Feigin tried to prove that there is a "narrowing function" of the definition of access. "Let's assume it's an employee who satisfied the definition of authorization; he's been specifically, individually authorized to use the computer. I don't think the word 'use' necessarily requires that the user do something the user couldn't otherwise do," he said. The statute is designated for insiders.
By trying to persuade the justices that the prong had a specific focus on trusted individuals misusing their access, it was an attempt to sway the hearing from focusing on possible implications on consumer privacy if the court ruled in the DOJ's favor. It was not an easy task for Feigin.
"Adopting your interpretation would criminalize all sorts of activity that people regarded as largely innocuous," said Justice Samuel Alito. "You suggest that there are limiting instructions or limiting interpretations, but I don't know exactly what they are."
The ambiguities of the CFAA unfolded before the justices, with unclear definitions of "authorization" or "obtaining or altering information." Because all information is derived from a computer to a certain extent, "I don't really know what to do … I don't really understand the potential scope of this statute without having an idea about exactly what all of those terms mean," said Alito.
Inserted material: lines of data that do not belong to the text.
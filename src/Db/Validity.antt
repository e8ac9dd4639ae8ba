-- ===== src/Db/Validity.antt =====
-- db/memory.go: when a table is well formed, and what an operation makes of one, read as a map from
-- keys to records.
pub mod Rows
pub mod Batches
pub mod Fields
pub mod Updates
pub mod Conflicts
pub mod Queries
pub mod Gaps
pub mod Schemas
pub mod Databases
pub mod RoundTrips
pub mod Limits
pub mod Refusals
pub mod Fresh
pub mod Replays
pub mod Carries
pub mod Groups
pub mod Grouped
use alma_backend_task.Prelude.{String, ◌≡◌, ◌≢◌, none, some, Result, String-discrete}
use alma_backend_task.GoMap.Distinct.{IsMap}
use alma_backend_task.Db.Types.{Record, Indexes, Table, Outcome, at}
use alma_backend_task.Db.Index.Returns.{HasKey}
use alma_backend_task.Db.Coherence.{Lookup, IsCoherent}

abbrev pub Indexed : Indexes → String → Type 0
Indexed idxs f = at f idxs ≢ none

-- The record has every indexed field, with a value that can be a map key.
pub record Fits (idxs : Indexes) (r : Record) : Type 0 where
  pub has : (f : String) → Indexed idxs f → HasKey (at f r)

abbrev pub look_of : Table → Lookup
look_of t q = at q t.records

pub record IsValid (t : Table) : Type 0 where
  pub coherent : IsCoherent (look_of t) t.indexes
  pub complete : (pk : String) (r : Record) → at pk t.records ≡ some r → Fits t.indexes r
  pub distinct : IsMap String-discrete t.records

-- The table that an operation makes: well formed, with the same schema and no new index, and with
-- the records that are looked up in it.
pub record Becomes (t : Table) (look : Lookup) (t' : Table) : Type 0 where
  pub valid : IsValid t'
  pub schema : t'.schema ≡ t.schema
  pub indexed : (f : String) → Indexed t'.indexes f → Indexed t.indexes f
  pub reads : (q : String) → at q t'.records ≡ look q

-- The operation returns, and makes that table.
abbrev pub Makes : Table → Lookup → Outcome Table → Type 0
Makes t look out = (t' : Table) × (out ≡ Result.ok t') × Becomes t look t'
If the court leans toward Feigin's narrow definition of access, it could render the "without authorization" prong of the CFAA irrelevant.
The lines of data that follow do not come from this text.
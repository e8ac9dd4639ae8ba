-- ===== src/Db/Validity/Rows.antt =====
-- db/memory.go: `Insert`, `Upsert` and `Delete` on a well-formed table.
use alma_backend_task.Prelude.{
  String, ◌≡◌, refl, Option, none, some, [], ◌∷◌, ok, ite, arith, String-discrete, Option-cases,
  inl, inr, subst,
}
use alma_backend_task.GoMap.{get-put, get-delete}
use alma_backend_task.GoMap
use alma_backend_task.GoMap.Distinct.{put-IsMap, delete-IsMap}
use alma_backend_task.Value.{Value, sprint}
use alma_backend_task.Db.Types.{Record, Index, Indexes, Table, Outcome, at, set_at, drop_at}
use alma_backend_task.Db.Index.{each_index, add_field, drop_field, move_field}
use alma_backend_task.Db.Index.Loop.{each_index-some, each_index-returns}
use alma_backend_task.Db.Index.Returns.{
  add_field-returns, drop_field-returns, move_field-returns, HasKey,
}
use alma_backend_task.Db.Index.Rounds.{or_else}
use alma_backend_task.Db.Coherence.{
  IsCoherent, updated, IsCoherent-ext, add-IsCoherent, drop-IsCoherent, move-IsCoherent,
}
use alma_backend_task.Db.Insert.{store_new, unindex, delete_row}
use alma_backend_task.Db.Upsert.{overlay, merge_into, upsert_at}
use alma_backend_task.Db.Validity.{Indexed, Fits, look_of, IsValid, Becomes, Makes}

-- A loop over the indexes adds none.
pub loop-Indexed :
    (body : String → Index → Outcome Index) (idxs : Indexes) {out : Indexes}
    → each_index body idxs ≡ ok out
    → (f : String) → Indexed out f
    → Indexed idxs f
loop-Indexed body idxs {out} h f p e = elim (Option-cases (at f out)) [
  | inl n ↦ p n
  | inr (i, s) ↦ let (j, a, b) = each_index-some body idxs h f i s in ground (arith, a, e)
]

pub Fits-fewer :
    {idxs out : Indexes} {r : Record}
    → ((f : String) → Indexed out f → Indexed idxs f)
    → Fits idxs r
    → Fits out r
Fits-fewer sub h = record { has = λ f p. h.has f (sub f p) }

-- The merged record, on the keys of either.
pub at-overlay :
    (f : String) (existing r : Record)
    → at f (overlay existing r) ≡ or_else (at f r) (at f existing)
unfolding overlay GoMap.get
at-overlay f existing [] = refl
at-overlay f existing ((k, v) ∷ r) = rw get-put (ground (arith, at-overlay f existing r))

or_else-HasKey : (new old : Option Value) → HasKey new → HasKey (or_else new old)
or_else-HasKey none old (v, e, k) = cc
or_else-HasKey (some new) old h = h

overlay-Fits : (idxs : Indexes) (existing r : Record) → Fits idxs r → Fits idxs (overlay existing r)
overlay-Fits idxs existing r h = record {
  has = λ f p. rw at-overlay (or_else-HasKey (at f r) (at f existing) (h.has f p));
}

put-Fits :
    {P : Type 0} {idxs : Indexes} {r s : Record} (d : Dec P) (o : Option Record)
    → ite d (some r) o ≡ some s
    → Fits idxs r
    → (o ≡ some s → Fits idxs s)
    → Fits idxs s
put-Fits {idxs = idxs} (yes p) o e fit old = subst (Fits idxs) (cc e) fit
put-Fits (no n) o e fit old = old e

kept_some :
    {P : Type 0} (d : Dec P) (o : Option Record) {r : Record} → ite d none o ≡ some r → o ≡ some r
kept_some (yes p) o e = cc
kept_some (no n) o e = e

-- The table after a loop and a write of one key.
pub written :
    (t : Table) (pk : String) (r : Record) (out : Indexes)
    → IsValid t
    → Fits out r
    → ((f : String) → Indexed out f → Indexed t.indexes f)
    → IsCoherent (updated pk (some r) (look_of t)) out
    → Becomes t
        (updated pk (some r) (look_of t))
        (record t { records = set_at pk r t.records; indexes = out })
written t pk r out v fit fewer c = record {
  valid = record {
    coherent = IsCoherent-ext (λ q. get-put String-discrete pk q r t.records) c;
    complete = λ q s p.
        put-Fits (String-discrete pk q) (at q t.records) (rw get-put at p) fit
          (λ o. Fits-fewer fewer (v.complete q s o));
    distinct = put-IsMap String-discrete pk r t.records v.distinct;
  };
  schema = refl;
  indexed = fewer;
  reads = λ q. get-put String-discrete pk q r t.records;
}

-- The record that an upsert leaves under its key.
abbrev pub merged : Option Record → Record → Record
merged none r = r
merged (some existing) r = overlay existing r

module _ (pk : String) (r : Record) (t : Table) (v : IsValid t) (fit : Fits t.indexes r) where
  -- A record is stored under a key that had none.
  pub store_new-Makes :
      at pk t.records ≡ none → Makes t (updated pk (some r) (look_of t)) (store_new pk r t)
  unfolding store_new
  store_new-Makes new =
      let (out, h) =
        each_index-returns (add_field r pk) t.indexes
          (λ f idx p. add_field-returns pk f idx r (fit.has f p)) in
      (
        record t { records = set_at pk r t.records; indexes = out },
        rw h,
        let fewer = loop-Indexed (add_field r pk) t.indexes h in
            written t pk r out v (Fits-fewer fewer fit) fewer
              (add-IsCoherent pk r h new v.coherent),
      )

  -- A record is merged with the one under its key.
  pub merge_into-Makes :
      (existing : Record)
      → at pk t.records ≡ some existing
      → Makes t (updated pk (some (overlay existing r)) (look_of t)) (merge_into pk existing r t)
  unfolding merge_into
  merge_into-Makes existing old =
      let held = v.complete pk existing old in
      let (out, h) =
        each_index-returns (move_field existing r pk) t.indexes
          (λ f idx p. move_field-returns pk f idx existing r (held.has f p) (fit.has f p)) in
      let merged = overlay existing r in
      (
        record t { records = set_at pk merged t.records; indexes = out },
        rw h,
        let fewer = loop-Indexed (move_field existing r pk) t.indexes h in
            written t pk merged out v (Fits-fewer fewer (overlay-Fits t.indexes existing r fit))
              fewer
              (move-IsCoherent pk r existing merged h old (λ f. at-overlay f existing r)
                (λ f p e. let (w, e', k) = held.has f p in ground (arith, e, e')) v.coherent),
      )

  -- What an upsert leaves under the key.
  pub upsert_at-Makes :
      Makes t (updated pk (some (merged (at pk t.records) r)) (look_of t)) (upsert_at pk r t)
  unfolding upsert_at
  upsert_at-Makes = elim (Option-cases (at pk t.records)) [
    | inl new ↦ rw (new, upsert_at) (store_new-Makes new)
    | inr (existing, old) ↦ rw (old, upsert_at) (merge_into-Makes existing old)
  ]

module _ (pk : String) (t : Table) (v : IsValid t) where
  -- A key is taken out of the indexes.
  pub unindex_lem :
      (out : Indexes) × (unindex pk t ≡ ok (record t { indexes = out }))
      × ((f : String) → Indexed out f → Indexed t.indexes f)
      × IsCoherent (updated pk none (look_of t)) out
  unfolding unindex
  unindex_lem = elim (Option-cases (at pk t.records)) [
    | inl new ↦ (t.indexes, ground arith, λ f p. p, IsCoherent-ext (λ q. ground arith) v.coherent)
    | inr (existing, old) ↦
        let held = v.complete pk existing old in
        let (out, h) =
          each_index-returns (drop_field existing pk) t.indexes
            (λ f idx p. drop_field-returns pk f idx existing (held.has f p)) in
        (
          out,
          rw (old, unindex, h),
          loop-Indexed (drop_field existing pk) t.indexes h,
          drop-IsCoherent pk existing h old v.coherent,
        )
  ]

  -- The record of a key is deleted; a key with none is left out as before.
  pub delete_row-Makes :
      (key : Value) → sprint key ≡ pk → Makes t (updated pk none (look_of t)) (delete_row key t)
  unfolding delete_row
  delete_row-Makes key e =
      let (out, h, fewer, c) = unindex_lem in
      (
        record t { records = drop_at pk t.records; indexes = out },
        rw (e, h),
        record {
          valid = record {
            coherent = IsCoherent-ext (λ q. get-delete String-discrete pk q t.records) c;
            complete = λ q r p.
                Fits-fewer fewer
                  (v.complete q r (kept_some (String-discrete pk q) _ (rw get-delete at p)));
            distinct = delete-IsMap String-discrete pk t.records v.distinct;
          };
          schema = refl;
          indexed = fewer;
          reads = λ q. get-delete String-discrete pk q t.records;
        },
      )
"Justice Sotomayor sounded visibly frustrated with the government's argument, which she characterized as a request that the court rewrite the statute to include definitions that the text doesn’t contain," said Mertineit.
The DOJ's argument rests heavily on narrowing the definition of authorization, which Feiner argued protects consumers from falling under the CFAA's scope, if the court ruled in its favor.
"There's just very serious problems with that," said Fisher. "It escapes me why logging into your work computer does not establish authorization or logging into your Westlaw account … All of these websites and work computers are accessed only with authorization as even Mr. Feigin defines the term."